→ **What is required**
Go through the records and tally the lines that include the word "failed". The answer is that total alone.

[Stored data entries]
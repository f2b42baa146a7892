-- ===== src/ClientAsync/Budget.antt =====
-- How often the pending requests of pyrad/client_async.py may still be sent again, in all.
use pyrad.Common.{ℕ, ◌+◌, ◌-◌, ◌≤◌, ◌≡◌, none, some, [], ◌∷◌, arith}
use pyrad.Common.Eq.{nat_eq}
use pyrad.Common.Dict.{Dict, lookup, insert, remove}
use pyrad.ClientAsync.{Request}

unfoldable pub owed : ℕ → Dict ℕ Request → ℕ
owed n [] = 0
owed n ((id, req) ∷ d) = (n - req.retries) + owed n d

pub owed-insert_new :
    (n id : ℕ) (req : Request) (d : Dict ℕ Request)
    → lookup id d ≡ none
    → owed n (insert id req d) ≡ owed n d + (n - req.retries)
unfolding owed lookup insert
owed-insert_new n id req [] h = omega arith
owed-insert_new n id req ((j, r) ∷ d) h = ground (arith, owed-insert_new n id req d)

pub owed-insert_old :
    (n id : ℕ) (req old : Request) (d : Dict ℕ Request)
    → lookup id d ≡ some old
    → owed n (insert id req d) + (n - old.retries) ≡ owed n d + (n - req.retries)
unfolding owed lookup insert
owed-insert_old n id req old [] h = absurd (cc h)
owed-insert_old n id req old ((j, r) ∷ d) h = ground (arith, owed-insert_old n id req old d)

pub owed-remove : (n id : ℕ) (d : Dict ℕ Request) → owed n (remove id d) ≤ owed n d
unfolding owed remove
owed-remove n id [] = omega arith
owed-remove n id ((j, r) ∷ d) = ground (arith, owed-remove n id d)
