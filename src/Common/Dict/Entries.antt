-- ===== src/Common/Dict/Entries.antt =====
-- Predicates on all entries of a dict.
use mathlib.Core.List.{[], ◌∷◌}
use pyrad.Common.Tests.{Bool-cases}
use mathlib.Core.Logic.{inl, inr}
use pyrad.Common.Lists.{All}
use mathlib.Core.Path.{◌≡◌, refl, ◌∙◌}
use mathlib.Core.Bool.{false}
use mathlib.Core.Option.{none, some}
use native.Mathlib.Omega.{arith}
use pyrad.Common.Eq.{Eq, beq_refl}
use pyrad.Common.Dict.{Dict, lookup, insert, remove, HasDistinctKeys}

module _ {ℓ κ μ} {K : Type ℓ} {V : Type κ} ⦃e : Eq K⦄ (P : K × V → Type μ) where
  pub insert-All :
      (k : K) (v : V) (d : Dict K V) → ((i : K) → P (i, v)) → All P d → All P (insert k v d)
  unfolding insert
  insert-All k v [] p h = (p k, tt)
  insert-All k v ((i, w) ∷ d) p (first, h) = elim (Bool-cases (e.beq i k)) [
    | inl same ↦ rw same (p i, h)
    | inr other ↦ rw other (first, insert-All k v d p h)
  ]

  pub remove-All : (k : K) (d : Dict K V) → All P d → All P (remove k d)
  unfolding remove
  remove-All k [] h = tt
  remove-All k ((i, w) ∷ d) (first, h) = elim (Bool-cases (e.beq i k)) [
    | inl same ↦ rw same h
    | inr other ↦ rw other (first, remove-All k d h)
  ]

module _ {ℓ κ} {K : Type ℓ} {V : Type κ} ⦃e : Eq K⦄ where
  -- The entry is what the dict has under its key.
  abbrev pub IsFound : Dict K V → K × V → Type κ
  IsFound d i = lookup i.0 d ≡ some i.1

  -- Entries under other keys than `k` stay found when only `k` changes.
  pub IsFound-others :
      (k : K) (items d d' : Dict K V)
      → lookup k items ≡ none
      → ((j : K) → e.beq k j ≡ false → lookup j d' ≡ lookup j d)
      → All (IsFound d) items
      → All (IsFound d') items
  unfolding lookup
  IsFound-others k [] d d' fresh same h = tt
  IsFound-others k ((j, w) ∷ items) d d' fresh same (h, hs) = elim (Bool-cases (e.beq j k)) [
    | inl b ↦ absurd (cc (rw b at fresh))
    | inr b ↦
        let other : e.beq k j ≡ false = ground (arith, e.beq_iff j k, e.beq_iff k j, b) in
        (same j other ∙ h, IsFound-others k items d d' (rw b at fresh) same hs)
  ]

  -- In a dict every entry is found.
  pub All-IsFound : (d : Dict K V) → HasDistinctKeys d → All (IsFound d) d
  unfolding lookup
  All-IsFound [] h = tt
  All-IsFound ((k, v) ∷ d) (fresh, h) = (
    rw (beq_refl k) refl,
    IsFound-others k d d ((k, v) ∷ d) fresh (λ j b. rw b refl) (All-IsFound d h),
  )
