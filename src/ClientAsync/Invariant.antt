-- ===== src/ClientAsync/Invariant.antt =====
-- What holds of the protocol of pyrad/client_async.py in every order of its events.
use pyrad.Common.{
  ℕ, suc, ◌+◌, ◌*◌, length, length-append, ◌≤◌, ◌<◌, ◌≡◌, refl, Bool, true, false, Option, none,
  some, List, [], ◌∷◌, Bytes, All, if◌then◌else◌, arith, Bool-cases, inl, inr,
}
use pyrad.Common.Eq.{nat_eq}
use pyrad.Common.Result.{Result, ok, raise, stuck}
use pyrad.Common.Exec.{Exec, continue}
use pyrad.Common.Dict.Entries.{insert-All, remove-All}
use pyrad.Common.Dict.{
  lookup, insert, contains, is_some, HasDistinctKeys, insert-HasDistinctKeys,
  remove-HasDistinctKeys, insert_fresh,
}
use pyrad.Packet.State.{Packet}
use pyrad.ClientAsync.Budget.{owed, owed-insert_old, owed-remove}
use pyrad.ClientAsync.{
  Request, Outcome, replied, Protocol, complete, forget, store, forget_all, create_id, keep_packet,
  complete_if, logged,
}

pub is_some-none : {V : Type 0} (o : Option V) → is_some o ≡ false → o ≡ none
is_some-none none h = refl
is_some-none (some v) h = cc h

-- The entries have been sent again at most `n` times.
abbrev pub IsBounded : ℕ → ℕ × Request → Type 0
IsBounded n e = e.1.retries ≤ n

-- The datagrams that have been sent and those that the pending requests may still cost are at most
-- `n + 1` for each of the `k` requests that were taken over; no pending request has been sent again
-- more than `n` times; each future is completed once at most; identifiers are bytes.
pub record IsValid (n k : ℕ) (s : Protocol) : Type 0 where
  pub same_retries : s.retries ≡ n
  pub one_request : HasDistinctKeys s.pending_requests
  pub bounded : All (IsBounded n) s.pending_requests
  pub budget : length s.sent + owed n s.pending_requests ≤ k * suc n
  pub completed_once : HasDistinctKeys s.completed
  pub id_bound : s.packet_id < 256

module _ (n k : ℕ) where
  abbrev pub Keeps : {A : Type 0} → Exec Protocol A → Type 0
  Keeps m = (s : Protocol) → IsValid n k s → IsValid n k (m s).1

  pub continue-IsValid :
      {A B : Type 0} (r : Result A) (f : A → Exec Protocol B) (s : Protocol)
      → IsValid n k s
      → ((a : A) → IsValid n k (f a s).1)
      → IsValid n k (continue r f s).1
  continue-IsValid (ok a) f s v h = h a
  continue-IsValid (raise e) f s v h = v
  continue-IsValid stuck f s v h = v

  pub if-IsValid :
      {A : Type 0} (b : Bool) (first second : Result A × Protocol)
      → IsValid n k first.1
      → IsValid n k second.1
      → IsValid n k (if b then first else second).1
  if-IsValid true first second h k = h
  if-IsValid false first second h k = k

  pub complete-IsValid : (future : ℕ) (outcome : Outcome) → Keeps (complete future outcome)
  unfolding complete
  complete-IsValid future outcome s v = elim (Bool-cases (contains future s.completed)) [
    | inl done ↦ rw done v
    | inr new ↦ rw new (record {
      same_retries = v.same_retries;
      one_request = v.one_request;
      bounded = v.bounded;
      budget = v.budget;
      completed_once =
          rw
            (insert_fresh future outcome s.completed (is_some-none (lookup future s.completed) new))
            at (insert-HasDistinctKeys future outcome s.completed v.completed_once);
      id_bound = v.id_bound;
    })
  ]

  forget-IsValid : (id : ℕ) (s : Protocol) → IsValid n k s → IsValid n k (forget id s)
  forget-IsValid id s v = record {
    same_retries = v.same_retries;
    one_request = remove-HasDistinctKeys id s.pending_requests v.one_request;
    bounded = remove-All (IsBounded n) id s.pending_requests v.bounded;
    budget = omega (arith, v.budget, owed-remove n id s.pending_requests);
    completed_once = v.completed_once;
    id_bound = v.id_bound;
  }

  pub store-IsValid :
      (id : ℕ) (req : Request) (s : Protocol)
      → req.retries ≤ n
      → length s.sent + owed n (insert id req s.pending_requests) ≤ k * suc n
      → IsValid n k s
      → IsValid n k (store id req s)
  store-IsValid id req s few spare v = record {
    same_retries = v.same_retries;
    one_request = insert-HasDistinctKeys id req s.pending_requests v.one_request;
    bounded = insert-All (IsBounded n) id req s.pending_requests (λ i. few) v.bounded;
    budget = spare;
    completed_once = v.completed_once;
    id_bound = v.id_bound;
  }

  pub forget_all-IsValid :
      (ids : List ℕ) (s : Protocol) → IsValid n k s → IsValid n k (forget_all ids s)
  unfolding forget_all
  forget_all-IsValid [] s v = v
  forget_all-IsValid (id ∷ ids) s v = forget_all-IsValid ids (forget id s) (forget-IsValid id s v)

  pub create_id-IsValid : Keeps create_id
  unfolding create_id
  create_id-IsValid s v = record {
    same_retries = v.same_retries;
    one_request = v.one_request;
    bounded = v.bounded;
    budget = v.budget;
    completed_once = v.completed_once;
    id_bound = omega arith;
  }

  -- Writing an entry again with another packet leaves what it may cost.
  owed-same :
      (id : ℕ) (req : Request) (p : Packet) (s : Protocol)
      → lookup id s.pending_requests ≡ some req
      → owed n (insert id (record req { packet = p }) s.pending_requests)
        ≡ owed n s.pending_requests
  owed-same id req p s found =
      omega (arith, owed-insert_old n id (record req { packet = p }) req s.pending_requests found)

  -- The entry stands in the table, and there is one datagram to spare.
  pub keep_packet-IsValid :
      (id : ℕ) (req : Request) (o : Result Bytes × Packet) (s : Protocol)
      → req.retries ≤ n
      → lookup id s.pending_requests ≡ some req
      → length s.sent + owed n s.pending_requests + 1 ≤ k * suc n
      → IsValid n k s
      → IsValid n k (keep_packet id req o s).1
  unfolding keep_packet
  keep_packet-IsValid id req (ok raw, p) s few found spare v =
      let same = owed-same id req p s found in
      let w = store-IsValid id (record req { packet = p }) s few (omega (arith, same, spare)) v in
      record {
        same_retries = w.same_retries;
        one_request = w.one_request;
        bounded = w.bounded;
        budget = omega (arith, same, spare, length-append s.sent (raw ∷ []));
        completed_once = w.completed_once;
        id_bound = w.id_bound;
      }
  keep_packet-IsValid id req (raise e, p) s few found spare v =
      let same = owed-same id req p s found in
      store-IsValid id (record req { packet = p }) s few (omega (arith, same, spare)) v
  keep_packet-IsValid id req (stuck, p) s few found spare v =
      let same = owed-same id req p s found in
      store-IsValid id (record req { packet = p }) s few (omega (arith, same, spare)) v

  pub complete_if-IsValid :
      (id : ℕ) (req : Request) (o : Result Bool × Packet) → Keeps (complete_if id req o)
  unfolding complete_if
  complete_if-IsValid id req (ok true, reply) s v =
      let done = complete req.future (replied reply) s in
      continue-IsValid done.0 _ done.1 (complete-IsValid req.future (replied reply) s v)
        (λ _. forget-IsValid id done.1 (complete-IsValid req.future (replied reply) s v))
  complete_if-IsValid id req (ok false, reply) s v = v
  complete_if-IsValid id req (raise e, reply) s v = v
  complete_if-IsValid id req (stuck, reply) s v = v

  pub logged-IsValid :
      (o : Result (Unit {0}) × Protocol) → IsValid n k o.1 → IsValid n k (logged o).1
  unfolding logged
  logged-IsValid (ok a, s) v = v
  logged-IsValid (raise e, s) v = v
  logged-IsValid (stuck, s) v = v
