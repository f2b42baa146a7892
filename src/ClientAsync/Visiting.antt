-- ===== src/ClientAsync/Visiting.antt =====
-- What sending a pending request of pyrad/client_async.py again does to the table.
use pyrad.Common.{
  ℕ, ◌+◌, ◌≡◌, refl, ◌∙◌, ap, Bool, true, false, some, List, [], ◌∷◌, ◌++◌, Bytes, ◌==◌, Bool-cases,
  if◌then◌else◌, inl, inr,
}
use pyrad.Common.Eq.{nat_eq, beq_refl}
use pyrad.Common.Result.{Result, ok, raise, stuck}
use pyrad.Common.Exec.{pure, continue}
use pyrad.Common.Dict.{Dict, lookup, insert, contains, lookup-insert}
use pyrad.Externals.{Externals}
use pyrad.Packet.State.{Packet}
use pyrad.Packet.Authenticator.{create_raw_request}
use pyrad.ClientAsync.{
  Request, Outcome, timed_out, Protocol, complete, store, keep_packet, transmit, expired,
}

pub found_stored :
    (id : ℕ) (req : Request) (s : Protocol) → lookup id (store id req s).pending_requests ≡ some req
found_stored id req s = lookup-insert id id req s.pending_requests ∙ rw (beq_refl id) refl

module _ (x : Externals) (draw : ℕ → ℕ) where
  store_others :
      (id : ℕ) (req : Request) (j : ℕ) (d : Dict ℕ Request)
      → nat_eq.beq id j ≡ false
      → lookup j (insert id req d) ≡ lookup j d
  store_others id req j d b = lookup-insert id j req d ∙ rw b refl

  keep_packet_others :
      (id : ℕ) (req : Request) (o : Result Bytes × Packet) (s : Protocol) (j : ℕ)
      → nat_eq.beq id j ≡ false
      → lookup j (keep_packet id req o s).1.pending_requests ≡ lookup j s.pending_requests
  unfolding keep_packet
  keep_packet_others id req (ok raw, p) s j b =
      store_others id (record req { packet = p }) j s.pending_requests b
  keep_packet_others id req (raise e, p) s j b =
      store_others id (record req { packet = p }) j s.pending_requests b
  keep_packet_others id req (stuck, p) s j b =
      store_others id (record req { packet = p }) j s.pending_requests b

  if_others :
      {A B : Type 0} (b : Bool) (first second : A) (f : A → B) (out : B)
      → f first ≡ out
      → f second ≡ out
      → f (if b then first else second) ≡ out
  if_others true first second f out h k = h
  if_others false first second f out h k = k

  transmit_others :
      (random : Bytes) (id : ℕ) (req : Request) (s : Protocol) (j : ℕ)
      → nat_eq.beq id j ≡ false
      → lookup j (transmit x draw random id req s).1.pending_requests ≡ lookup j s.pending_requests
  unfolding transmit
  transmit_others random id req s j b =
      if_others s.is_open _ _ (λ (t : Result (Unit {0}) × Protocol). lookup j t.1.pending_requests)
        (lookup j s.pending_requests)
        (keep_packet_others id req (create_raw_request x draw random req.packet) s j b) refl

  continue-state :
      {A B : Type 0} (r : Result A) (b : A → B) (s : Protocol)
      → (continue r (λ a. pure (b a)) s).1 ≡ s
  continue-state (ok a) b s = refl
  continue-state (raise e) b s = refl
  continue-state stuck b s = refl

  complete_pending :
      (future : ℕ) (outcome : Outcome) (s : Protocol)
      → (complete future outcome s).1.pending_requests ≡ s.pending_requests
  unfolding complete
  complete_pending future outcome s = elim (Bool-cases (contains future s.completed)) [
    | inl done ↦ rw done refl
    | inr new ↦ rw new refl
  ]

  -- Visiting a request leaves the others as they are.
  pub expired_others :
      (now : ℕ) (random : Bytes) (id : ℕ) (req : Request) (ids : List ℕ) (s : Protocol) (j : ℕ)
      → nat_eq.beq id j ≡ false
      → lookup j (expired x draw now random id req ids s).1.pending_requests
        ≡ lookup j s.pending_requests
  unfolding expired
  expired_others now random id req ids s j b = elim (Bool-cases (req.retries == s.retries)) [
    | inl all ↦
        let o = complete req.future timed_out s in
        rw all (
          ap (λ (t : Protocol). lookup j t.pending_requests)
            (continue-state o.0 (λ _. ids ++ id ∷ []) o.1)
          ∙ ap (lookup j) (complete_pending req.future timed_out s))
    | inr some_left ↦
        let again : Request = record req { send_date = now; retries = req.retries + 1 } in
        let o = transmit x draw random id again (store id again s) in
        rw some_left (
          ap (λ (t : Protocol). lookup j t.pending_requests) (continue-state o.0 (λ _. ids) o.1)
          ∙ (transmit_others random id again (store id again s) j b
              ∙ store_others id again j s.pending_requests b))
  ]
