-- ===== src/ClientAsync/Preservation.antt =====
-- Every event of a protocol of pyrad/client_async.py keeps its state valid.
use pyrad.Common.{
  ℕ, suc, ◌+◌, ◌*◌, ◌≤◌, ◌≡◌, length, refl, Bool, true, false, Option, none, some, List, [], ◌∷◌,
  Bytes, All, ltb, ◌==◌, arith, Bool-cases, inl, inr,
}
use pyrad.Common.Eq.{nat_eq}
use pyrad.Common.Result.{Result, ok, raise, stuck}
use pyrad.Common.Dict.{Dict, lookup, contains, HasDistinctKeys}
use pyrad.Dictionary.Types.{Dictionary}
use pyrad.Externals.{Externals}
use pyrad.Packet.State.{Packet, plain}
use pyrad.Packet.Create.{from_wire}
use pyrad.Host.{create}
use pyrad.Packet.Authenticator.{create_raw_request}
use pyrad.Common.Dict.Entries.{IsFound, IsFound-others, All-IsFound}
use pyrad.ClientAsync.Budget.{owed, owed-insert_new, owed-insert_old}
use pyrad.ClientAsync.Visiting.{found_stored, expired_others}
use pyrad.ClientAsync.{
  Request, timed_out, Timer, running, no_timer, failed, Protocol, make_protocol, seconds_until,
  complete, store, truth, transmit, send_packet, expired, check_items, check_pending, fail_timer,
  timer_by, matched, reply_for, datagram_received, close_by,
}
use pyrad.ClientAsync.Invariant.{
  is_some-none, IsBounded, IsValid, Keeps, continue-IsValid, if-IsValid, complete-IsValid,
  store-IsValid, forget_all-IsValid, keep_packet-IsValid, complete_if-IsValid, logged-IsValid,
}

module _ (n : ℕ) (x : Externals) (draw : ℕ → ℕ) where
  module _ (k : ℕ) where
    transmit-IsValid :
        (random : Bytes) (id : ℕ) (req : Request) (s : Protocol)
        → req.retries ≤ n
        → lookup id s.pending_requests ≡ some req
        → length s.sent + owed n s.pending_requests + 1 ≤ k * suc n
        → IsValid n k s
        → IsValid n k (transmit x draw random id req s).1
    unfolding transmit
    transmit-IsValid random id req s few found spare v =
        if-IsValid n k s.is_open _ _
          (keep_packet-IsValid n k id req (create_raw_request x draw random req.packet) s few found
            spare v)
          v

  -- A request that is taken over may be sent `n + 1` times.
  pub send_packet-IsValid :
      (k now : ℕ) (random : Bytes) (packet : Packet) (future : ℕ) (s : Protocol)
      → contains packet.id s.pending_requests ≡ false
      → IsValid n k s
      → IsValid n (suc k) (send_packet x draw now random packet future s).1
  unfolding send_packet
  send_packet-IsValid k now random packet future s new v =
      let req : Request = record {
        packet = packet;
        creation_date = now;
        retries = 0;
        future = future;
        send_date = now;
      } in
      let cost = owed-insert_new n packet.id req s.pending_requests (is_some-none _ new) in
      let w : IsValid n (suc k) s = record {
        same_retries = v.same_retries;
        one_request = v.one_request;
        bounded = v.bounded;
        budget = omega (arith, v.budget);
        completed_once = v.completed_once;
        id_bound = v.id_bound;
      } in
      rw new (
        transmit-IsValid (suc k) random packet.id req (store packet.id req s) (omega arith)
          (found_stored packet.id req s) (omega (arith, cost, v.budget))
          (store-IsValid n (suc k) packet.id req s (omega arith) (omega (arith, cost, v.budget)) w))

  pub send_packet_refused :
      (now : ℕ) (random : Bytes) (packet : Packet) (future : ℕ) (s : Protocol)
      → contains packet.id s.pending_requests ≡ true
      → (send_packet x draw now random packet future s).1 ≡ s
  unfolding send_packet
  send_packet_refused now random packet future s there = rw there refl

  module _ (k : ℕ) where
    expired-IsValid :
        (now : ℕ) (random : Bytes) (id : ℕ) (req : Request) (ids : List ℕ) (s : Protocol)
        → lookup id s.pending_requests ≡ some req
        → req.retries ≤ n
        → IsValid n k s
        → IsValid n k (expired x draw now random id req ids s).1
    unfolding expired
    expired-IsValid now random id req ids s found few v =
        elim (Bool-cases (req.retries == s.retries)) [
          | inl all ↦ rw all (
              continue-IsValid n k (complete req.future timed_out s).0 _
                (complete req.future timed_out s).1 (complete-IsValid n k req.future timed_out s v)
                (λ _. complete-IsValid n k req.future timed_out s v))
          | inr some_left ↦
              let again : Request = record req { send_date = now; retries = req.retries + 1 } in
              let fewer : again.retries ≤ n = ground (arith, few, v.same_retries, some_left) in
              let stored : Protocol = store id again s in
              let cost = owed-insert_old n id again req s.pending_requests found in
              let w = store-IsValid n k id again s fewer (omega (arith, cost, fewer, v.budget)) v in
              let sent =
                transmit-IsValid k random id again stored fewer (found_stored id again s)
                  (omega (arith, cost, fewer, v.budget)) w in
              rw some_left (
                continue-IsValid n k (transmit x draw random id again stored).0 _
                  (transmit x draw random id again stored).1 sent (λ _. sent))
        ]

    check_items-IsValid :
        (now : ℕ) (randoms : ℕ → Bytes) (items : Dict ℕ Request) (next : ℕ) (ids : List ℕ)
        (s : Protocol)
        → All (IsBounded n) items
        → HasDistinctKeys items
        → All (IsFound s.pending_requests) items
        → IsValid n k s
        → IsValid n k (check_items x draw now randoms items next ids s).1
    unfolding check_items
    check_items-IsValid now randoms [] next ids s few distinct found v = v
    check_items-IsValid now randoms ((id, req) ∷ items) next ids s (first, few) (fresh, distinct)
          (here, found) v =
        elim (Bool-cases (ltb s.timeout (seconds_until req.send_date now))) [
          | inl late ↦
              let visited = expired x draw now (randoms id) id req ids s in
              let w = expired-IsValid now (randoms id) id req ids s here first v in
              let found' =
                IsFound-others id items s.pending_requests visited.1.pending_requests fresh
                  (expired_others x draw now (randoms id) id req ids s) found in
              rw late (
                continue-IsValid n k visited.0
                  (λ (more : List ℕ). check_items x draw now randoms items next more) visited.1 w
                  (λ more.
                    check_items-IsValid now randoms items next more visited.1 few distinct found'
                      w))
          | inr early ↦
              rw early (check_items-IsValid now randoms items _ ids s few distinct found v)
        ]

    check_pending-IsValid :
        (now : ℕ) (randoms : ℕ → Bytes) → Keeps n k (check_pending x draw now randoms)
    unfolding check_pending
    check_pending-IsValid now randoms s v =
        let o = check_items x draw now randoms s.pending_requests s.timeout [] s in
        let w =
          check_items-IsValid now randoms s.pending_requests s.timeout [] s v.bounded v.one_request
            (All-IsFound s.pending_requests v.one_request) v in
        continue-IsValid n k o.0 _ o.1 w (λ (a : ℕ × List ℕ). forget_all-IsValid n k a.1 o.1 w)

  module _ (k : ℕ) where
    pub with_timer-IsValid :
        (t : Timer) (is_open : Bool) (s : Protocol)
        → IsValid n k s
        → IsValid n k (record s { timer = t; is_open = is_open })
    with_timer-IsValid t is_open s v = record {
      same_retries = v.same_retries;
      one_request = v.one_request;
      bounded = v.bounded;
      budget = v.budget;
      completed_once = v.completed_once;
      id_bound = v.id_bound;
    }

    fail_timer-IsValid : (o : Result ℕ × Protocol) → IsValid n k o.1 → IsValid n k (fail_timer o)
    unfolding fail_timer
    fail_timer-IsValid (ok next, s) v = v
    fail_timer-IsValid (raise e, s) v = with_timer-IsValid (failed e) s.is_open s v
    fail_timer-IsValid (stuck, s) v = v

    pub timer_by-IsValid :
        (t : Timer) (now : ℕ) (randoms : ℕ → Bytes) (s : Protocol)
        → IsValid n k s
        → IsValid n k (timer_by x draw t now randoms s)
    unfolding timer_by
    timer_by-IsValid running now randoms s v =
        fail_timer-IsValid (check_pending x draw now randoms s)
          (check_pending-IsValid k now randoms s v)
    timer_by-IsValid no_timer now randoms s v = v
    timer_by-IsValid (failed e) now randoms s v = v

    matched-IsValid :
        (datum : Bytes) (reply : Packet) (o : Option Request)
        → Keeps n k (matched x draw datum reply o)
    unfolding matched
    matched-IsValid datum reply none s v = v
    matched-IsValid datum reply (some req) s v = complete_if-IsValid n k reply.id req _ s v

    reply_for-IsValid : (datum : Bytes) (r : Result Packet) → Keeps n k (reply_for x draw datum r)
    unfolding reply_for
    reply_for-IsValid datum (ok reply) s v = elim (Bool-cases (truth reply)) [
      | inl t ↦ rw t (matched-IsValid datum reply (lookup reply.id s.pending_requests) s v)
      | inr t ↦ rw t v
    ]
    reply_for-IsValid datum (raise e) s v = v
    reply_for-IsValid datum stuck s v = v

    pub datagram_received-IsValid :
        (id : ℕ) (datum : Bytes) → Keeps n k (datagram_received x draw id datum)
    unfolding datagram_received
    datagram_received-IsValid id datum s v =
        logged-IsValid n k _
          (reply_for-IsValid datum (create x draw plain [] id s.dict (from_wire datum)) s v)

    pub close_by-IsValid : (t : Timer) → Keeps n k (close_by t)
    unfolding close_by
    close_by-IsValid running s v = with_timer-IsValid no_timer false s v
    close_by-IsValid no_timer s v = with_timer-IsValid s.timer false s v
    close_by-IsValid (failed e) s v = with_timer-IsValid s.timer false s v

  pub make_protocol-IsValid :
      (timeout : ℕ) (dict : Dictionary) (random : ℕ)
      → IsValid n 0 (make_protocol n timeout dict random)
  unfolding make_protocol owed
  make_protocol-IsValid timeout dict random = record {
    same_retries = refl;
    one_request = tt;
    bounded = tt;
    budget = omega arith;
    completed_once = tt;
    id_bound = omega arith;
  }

→ **Worked solution**
4